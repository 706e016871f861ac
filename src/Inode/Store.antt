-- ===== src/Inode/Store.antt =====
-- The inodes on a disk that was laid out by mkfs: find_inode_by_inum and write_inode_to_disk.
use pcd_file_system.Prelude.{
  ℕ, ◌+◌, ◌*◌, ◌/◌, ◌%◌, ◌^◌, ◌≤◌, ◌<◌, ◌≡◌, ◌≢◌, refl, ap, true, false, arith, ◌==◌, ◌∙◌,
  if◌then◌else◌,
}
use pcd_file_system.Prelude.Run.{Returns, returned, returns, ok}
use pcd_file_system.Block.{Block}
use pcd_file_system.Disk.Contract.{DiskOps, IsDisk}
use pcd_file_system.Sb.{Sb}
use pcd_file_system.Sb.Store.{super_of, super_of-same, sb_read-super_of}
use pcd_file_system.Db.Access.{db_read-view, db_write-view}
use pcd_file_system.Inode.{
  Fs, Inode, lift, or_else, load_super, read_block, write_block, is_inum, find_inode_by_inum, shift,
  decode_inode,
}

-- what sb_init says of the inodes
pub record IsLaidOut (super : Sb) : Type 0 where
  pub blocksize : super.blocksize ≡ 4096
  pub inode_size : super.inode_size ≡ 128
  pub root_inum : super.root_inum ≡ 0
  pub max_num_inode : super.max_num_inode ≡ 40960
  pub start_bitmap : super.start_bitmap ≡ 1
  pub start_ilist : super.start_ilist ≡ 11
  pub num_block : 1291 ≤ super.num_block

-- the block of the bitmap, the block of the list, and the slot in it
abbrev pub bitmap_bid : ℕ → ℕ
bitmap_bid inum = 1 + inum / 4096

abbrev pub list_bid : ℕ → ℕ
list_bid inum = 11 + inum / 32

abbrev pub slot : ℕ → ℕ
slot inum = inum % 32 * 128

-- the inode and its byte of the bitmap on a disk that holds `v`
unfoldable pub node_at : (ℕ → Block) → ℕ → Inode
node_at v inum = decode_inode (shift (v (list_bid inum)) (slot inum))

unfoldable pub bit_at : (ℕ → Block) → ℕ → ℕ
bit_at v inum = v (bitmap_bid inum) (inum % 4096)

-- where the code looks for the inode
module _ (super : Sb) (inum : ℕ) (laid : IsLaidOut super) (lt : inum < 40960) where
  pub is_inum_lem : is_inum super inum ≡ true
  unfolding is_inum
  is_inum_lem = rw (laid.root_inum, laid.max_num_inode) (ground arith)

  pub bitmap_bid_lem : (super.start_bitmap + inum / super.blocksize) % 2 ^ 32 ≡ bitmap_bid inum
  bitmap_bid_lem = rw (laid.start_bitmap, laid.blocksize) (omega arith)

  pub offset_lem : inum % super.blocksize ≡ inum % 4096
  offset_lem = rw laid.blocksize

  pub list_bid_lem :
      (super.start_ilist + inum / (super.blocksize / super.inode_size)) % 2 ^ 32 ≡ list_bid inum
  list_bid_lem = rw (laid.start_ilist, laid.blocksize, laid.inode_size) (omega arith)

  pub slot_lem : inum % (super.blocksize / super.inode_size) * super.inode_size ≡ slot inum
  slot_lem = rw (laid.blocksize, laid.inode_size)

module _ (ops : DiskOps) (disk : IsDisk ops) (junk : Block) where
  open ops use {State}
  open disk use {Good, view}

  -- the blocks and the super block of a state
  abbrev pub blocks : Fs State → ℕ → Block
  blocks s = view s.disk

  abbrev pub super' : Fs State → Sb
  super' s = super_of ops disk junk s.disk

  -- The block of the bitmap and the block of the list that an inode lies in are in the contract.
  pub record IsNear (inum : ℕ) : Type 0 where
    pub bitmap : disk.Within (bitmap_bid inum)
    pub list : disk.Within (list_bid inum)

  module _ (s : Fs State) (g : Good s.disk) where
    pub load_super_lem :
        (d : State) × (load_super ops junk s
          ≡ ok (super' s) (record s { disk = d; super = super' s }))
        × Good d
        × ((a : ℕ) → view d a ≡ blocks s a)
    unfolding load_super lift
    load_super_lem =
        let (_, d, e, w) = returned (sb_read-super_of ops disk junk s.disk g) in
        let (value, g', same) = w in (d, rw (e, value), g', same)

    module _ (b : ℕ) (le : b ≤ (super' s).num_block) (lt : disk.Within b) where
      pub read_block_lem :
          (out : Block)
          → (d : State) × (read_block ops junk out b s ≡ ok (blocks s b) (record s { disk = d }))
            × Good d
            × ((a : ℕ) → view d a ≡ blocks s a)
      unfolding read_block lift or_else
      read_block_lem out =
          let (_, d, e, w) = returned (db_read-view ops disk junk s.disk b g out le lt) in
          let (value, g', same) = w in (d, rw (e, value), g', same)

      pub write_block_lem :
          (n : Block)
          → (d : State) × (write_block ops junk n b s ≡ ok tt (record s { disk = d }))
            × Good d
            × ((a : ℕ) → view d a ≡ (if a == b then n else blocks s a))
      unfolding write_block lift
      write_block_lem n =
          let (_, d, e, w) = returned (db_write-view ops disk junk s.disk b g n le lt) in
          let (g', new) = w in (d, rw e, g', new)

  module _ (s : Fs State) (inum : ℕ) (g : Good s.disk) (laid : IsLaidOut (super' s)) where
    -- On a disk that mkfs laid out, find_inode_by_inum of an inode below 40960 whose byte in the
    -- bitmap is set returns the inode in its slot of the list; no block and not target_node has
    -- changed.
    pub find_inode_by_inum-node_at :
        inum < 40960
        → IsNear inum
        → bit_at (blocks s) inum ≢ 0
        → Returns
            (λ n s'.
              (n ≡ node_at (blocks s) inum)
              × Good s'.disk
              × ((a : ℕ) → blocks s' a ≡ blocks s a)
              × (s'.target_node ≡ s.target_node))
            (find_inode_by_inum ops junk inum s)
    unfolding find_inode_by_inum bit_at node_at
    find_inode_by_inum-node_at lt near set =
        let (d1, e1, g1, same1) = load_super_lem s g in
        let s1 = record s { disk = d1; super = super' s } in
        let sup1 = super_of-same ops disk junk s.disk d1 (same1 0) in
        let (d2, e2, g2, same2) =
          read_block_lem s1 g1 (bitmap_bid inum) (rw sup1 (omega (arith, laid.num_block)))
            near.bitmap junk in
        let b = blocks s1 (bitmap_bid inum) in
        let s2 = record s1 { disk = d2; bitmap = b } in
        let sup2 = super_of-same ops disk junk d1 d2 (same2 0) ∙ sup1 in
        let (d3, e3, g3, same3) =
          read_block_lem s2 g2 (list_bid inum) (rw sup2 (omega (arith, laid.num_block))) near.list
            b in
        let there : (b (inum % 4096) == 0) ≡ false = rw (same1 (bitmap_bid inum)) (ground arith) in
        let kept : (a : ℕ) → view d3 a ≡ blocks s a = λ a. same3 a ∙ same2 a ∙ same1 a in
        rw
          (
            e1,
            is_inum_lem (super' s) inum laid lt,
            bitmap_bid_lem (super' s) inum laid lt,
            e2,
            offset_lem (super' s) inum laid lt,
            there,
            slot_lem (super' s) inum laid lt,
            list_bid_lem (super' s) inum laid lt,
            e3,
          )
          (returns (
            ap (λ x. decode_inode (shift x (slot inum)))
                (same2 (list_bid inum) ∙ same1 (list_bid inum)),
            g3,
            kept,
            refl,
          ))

====

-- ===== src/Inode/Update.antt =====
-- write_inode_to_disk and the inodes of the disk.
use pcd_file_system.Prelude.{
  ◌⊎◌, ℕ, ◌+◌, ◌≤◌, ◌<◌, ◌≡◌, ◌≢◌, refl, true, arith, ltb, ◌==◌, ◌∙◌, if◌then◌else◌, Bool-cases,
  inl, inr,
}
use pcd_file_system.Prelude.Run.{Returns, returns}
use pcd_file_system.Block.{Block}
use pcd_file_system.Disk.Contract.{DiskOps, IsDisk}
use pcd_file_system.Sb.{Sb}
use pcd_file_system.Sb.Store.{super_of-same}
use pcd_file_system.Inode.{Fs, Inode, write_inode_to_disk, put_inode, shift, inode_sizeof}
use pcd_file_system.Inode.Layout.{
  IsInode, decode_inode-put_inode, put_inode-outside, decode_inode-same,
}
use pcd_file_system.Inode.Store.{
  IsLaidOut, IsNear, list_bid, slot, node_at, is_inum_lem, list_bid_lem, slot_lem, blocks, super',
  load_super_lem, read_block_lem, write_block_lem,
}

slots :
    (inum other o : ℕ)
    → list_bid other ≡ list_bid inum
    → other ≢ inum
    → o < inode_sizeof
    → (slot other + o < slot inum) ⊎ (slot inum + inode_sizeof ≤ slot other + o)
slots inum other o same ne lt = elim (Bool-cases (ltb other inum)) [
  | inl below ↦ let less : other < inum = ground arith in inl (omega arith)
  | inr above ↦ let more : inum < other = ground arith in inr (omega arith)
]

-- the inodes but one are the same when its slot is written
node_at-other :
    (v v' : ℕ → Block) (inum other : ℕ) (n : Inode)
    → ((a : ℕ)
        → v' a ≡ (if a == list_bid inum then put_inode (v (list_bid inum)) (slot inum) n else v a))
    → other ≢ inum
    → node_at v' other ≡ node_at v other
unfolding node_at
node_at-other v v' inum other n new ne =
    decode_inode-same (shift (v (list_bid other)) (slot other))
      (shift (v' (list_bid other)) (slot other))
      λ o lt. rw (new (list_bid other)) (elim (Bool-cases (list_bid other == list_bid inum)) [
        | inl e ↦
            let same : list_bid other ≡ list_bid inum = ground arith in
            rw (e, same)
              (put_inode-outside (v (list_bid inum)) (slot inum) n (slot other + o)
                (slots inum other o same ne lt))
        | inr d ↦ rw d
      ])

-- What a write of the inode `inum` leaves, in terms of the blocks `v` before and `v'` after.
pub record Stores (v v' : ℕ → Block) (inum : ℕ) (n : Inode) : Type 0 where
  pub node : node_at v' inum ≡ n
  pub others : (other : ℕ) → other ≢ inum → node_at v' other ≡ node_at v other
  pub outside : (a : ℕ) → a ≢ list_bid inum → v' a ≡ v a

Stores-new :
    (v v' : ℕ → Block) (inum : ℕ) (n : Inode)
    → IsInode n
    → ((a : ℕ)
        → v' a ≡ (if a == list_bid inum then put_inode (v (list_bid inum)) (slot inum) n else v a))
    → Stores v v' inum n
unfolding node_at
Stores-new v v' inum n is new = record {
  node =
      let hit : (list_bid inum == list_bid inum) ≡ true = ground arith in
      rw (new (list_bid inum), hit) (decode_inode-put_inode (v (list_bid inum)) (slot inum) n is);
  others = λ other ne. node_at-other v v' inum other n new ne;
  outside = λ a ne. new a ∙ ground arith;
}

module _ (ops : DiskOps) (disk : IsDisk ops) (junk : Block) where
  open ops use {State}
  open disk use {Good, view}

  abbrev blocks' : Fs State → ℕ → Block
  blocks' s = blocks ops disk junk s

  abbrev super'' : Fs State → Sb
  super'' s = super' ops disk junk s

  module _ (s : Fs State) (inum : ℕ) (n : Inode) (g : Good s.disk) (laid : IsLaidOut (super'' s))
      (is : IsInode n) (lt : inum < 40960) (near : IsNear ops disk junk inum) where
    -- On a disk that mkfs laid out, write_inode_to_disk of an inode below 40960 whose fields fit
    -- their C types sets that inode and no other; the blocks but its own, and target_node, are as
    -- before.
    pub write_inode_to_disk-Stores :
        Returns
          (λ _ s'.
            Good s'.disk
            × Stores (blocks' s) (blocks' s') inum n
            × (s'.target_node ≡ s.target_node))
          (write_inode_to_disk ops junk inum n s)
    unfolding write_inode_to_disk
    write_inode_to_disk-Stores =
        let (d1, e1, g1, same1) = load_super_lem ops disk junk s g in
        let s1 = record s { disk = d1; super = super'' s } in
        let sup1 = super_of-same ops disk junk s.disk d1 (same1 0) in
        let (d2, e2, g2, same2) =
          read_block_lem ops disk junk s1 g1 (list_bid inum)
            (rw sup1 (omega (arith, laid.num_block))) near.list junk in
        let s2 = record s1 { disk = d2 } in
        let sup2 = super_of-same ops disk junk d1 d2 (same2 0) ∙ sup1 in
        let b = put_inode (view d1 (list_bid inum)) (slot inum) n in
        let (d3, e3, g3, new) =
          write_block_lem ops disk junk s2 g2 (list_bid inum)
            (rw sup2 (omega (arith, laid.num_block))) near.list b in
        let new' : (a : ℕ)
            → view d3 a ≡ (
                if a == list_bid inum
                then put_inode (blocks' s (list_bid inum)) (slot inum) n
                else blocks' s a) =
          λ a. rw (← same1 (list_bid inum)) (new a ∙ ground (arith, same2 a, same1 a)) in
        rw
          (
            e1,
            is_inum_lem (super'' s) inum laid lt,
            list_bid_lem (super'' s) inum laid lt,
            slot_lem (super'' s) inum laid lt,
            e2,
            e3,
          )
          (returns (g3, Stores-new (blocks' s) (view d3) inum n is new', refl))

====

— Task —
Using only the listing above, restate exactly the lines from the line containing "repository 706e016871f861ac" through the line containing "pub inode_size : super.inode_size ≡ 128", both included.

— Exercise response —
repository 706e016871f861ac
filename src/Inode/Store.antt
-- ===== src/Inode/Store.antt =====
-- The inodes on a disk that was laid out by mkfs: find_inode_by_inum and write_inode_to_disk.
use pcd_file_system.Prelude.{
  ℕ, ◌+◌, ◌*◌, ◌/◌, ◌%◌, ◌^◌, ◌≤◌, ◌<◌, ◌≡◌, ◌≢◌, refl, ap, true, false, arith, ◌==◌, ◌∙◌,
  if◌then◌else◌,
}
use pcd_file_system.Prelude.Run.{Returns, returned, returns, ok}
use pcd_file_system.Block.{Block}
use pcd_file_system.Disk.Contract.{DiskOps, IsDisk}
use pcd_file_system.Sb.{Sb}
use pcd_file_system.Sb.Store.{super_of, super_of-same, sb_read-super_of}
use pcd_file_system.Db.Access.{db_read-view, db_write-view}
use pcd_file_system.Inode.{
  Fs, Inode, lift, or_else, load_super, read_block, write_block, is_inum, find_inode_by_inum, shift,
  decode_inode,
}

-- what sb_init says of the inodes
pub record IsLaidOut (super : Sb) : Type 0 where
  pub blocksize : super.blocksize ≡ 4096
  pub inode_size : super.inode_size ≡ 128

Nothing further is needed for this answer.